◆ Work instruction:
Below are entries to examine: work out how many lines contain the word "insert", and give only that number.

((

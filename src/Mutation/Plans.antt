-- ===== src/Mutation/Plans.antt =====
-- `validate_operation_plan` of src/mutation.rs: the plan's identity, its steps, the order of a
-- company source's deletions, and the one owner of an analysis.
pub mod Steps
pub mod Deletes
use nowledge.Prelude.{
  ℕ, ◌+◌, String, str_eq, Bool, true, false, ◌&&◌, not, Option, none, some, List, [], ◌∷◌, ok, err,
  ◌>>=◌, ◌>>◌, fail_if, ok_or, format, decimal, contains, ◌==◌, ltb, is_some, if◌then◌else◌,
}
use nowledge.Prelude.Table.{Table, get, insert}
use nowledge.Json.{Value, get_field, as_str, is_null, is_object}
use nowledge.Models.History.{UserEventIndex, HistoryEvent}
use nowledge.Models.Context.{ContextNode}
use nowledge.Models.Knowledge.{InsightRecord, KnowledgeLink}
use nowledge.Models.Operations.{
  OperationActorScope, OperationActor, OperationStepRole, CompanySourceDeleteTarget,
  OperationResource, OperationStep, OperationPlan,
}
use nowledge.Mutation.Checks.{
  Checked, invalid_plan, for_each, for_each_from, require_non_empty, validate_unique_non_empty,
}
use nowledge.Mutation.Resources.{validate_resource}

abbrev pub operation_plan_schema_version : ℕ
operation_plan_schema_version = 1

abbrev pub or_default : Option String → String
or_default none = ""
or_default (some text) = text

abbrev pub or_zero : Option ℕ → ℕ
or_zero none = 0
or_zero (some n) = n

unfoldable pub operation_steps : OperationPlan → List OperationStep
operation_steps plan = plan.primary ∷ plan.side_effects

unfoldable pub is_primary : OperationStepRole → Bool
is_primary OperationStepRole.primary = true
is_primary OperationStepRole.side_effect = false

-- `step_ids` is the `HashSet`; the new set is returned.
unfoldable pub validate_step : String → List String → OperationStep → Checked (List String)
validate_step tenant_id step_ids step = do
  require_non_empty "step id" step.id
  fail_if (contains step_ids step.id)
      (invalid_plan (format ("duplicate step id `" ∷ step.id ∷ "`" ∷ [])))
  validate_resource tenant_id step.resource
  ok (step.id ∷ step_ids)

unfoldable pub validate_side_effect : String → List String → OperationStep → Checked (List String)
validate_side_effect tenant_id step_ids step = do
  fail_if (is_primary step.role) (
      invalid_plan
        (format ("side-effect step `" ∷ step.id ∷ "` must have the side_effect role" ∷ [])))
  validate_step tenant_id step_ids step

-- The steps' part of `validate_operation_plan`, with the ids that it has seen.
unfoldable pub validate_steps : OperationPlan → Checked (List String)
validate_steps plan = do
  fail_if (not (is_primary plan.primary.role))
      (invalid_plan "primary step must have the primary role")
  step_ids ← validate_step plan.tenant_id [] plan.primary
  for_each_from (validate_side_effect plan.tenant_id) step_ids plan.side_effects

unfoldable pub target_index : CompanySourceDeleteTarget → ℕ
target_index CompanySourceDeleteTarget.fragments = 0
target_index CompanySourceDeleteTarget.revisions = 1
target_index CompanySourceDeleteTarget.source = 2
target_index CompanySourceDeleteTarget.source_documents = 3
target_index CompanySourceDeleteTarget.parse_artifacts = 4
target_index CompanySourceDeleteTarget.ingest_tasks = 5
target_index CompanySourceDeleteTarget.ingest_results = 6
target_index (CompanySourceDeleteTarget.links _ _) = 7

-- One round of the loop: `entry(source_id).or_default()` reads 0 for a new source.
unfoldable pub check_delete_target : Table ℕ → String → OperationResource → Checked (Table ℕ)
unfolding target_index
check_delete_target next step_id (OperationResource.delete_company_source_index source_id target) =
    let expected = or_zero (get source_id next) in
    do
      fail_if (not (target_index target == expected)) (
          invalid_plan (
            format (
              "company source `" ∷ source_id ∷ "` deletion target is out of order at step `"
              ∷ step_id ∷ "`" ∷ [])))
      ok (insert source_id (expected + 1) next)
check_delete_target next step_id _ = ok next

unfoldable pub check_delete_step : Table ℕ → OperationStep → Checked (Table ℕ)
check_delete_step next step = check_delete_target next step.id step.resource

unfoldable pub check_all_targets : String × ℕ → Checked (Unit {0})
check_all_targets (source_id, next_target) = fail_if (ltb next_target 7) (
    invalid_plan (
      format
        ("company source `" ∷ source_id ∷ "` deletion omits a required managed-index step" ∷ [])))

unfoldable pub validate_company_source_delete_steps : OperationPlan → Checked (Unit {0})
validate_company_source_delete_steps plan = do
  next ← for_each_from check_delete_step [] (operation_steps plan)
  for_each check_all_targets next

-- `target_owner` is the owner that the steps so far have named.
unfoldable pub bind_analysis_owner : Option String → String → Checked (Option String)
bind_analysis_owner none owner = do
  require_non_empty "analysis resource owner" owner
  ok (some owner)
bind_analysis_owner (some expected) owner = do
  require_non_empty "analysis resource owner" owner
  fail_if (not (str_eq expected owner))
      (invalid_plan "analysis materialization mixes target owners")
  ok (some expected)

unfoldable pub bind_event : String → Option String → HistoryEvent → Checked (Option String)
unfolding bind_analysis_owner
bind_event owner_hash target_owner event = do
  fail_if (not (str_eq event.owner_user_id_hash owner_hash))
      (invalid_plan "analysis history resource does not match its target owner commitment")
  bind_analysis_owner target_owner event.owner_user_id

unfoldable pub bind_node : Option String → ContextNode → Checked (Option String)
unfolding bind_analysis_owner
bind_node target_owner node = do
  owner ← ok_or node.owner_user_id (invalid_plan "analysis context resource must be owner scoped")
  bind_analysis_owner target_owner owner

unfoldable pub bind_link : Option String → KnowledgeLink → Checked (Option String)
unfolding bind_analysis_owner
bind_link target_owner link = do
  owner ← ok_or link.owner_user_id (invalid_plan "analysis link resource must be owner scoped")
  bind_analysis_owner target_owner owner

unfoldable pub bind_resource : String → Option String → OperationResource → Checked (Option String)
unfolding bind_event bind_node bind_link bind_analysis_owner
bind_resource owner_hash target_owner (OperationResource.ensure_user_event_index index) = do
  fail_if (not (str_eq index.owner_user_id_hash owner_hash))
      (invalid_plan "analysis user-index resource does not match its target owner commitment")
  ok target_owner
bind_resource owner_hash target_owner (OperationResource.history_events events) =
    for_each_from (bind_event owner_hash) target_owner events
bind_resource owner_hash target_owner (OperationResource.context_nodes _ nodes) =
    for_each_from bind_node target_owner nodes
bind_resource owner_hash target_owner (OperationResource.insight entry) =
    bind_analysis_owner target_owner entry.owner_user_id
bind_resource owner_hash target_owner (OperationResource.links entries) =
    for_each_from bind_link target_owner entries
bind_resource owner_hash target_owner _ =
    err (invalid_plan "analysis materialization contains an unsupported operation resource")

unfoldable pub bind_step : String → Option String → OperationStep → Checked (Option String)
bind_step owner_hash target_owner step = bind_resource owner_hash target_owner step.resource

-- `redacted_metadata.get(…).and_then(Value::as_str)`.
unfoldable pub owner_commitment : Value → Option String
owner_commitment metadata = elim (get_field "target_owner_user_id_hash" metadata) [
  | none ↦ none
  | some v ↦ as_str v
]

-- What an analysis plan must satisfy.
unfoldable pub validate_analysis_owner : OperationPlan → Checked (Unit {0})
validate_analysis_owner plan = do
  owner_hash ←
      ok_or (owner_commitment plan.redacted_metadata)
        (invalid_plan "analysis materialization is missing its target owner commitment")
  require_non_empty "analysis target owner hash" owner_hash
  target_owner ← for_each_from (bind_step owner_hash) none (operation_steps plan)
  fail_if (not (is_some target_owner))
      (invalid_plan "analysis materialization contains no owner-scoped resource")

unfoldable pub validate_analysis_materialization_steps : OperationPlan → Checked (Unit {0})
validate_analysis_materialization_steps plan =
    if str_eq plan.operation_kind "analysis.materialize"
    then validate_analysis_owner plan
    else ok tt

-- `if let Some(value) = … { require_non_empty(…)? }`.
unfoldable pub require_if_given : String → Option String → Checked (Unit {0})
require_if_given label none = ok tt
require_if_given label (some value) = require_non_empty label value

unfoldable pub require_owner : OperationActorScope → String → Checked (Unit {0})
require_owner OperationActorScope.owner owner_hash = require_non_empty "owner actor hash" owner_hash
require_owner _ owner_hash = ok tt

unfoldable pub validate_actor : OperationActor → Checked (Unit {0})
validate_actor actor = do
  require_if_given "request id" actor.request_id
  require_owner actor.scope (or_default actor.owner_user_id_hash)
  validate_unique_non_empty "actor role" actor.roles

-- The part of `validate_operation_plan` above the steps.
unfoldable pub validate_plan_header : OperationPlan → Checked (Unit {0})
validate_plan_header plan = do
  fail_if (not (plan.schema_version == operation_plan_schema_version)) (
      invalid_plan (
        format (
          "unsupported schema version "
          ∷ decimal plan.schema_version
          ∷ "; expected "
          ∷ decimal operation_plan_schema_version
          ∷ [])))
  require_non_empty "operation id" plan.id
  require_non_empty "tenant id" plan.tenant_id
  require_non_empty "operation kind" plan.operation_kind
  require_if_given "idempotency key hash" plan.idempotency_key_hash
  validate_actor plan.actor
  fail_if (not (is_null plan.redacted_metadata) && not (is_object plan.redacted_metadata))
      (invalid_plan "redacted metadata must be an object or null")

unfoldable pub validate_operation_plan : OperationPlan → Checked (Unit {0})
validate_operation_plan plan = do
  validate_plan_header plan
  _ ← validate_steps plan
  validate_company_source_delete_steps plan
  validate_analysis_materialization_steps plan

))

◆ The answer:
2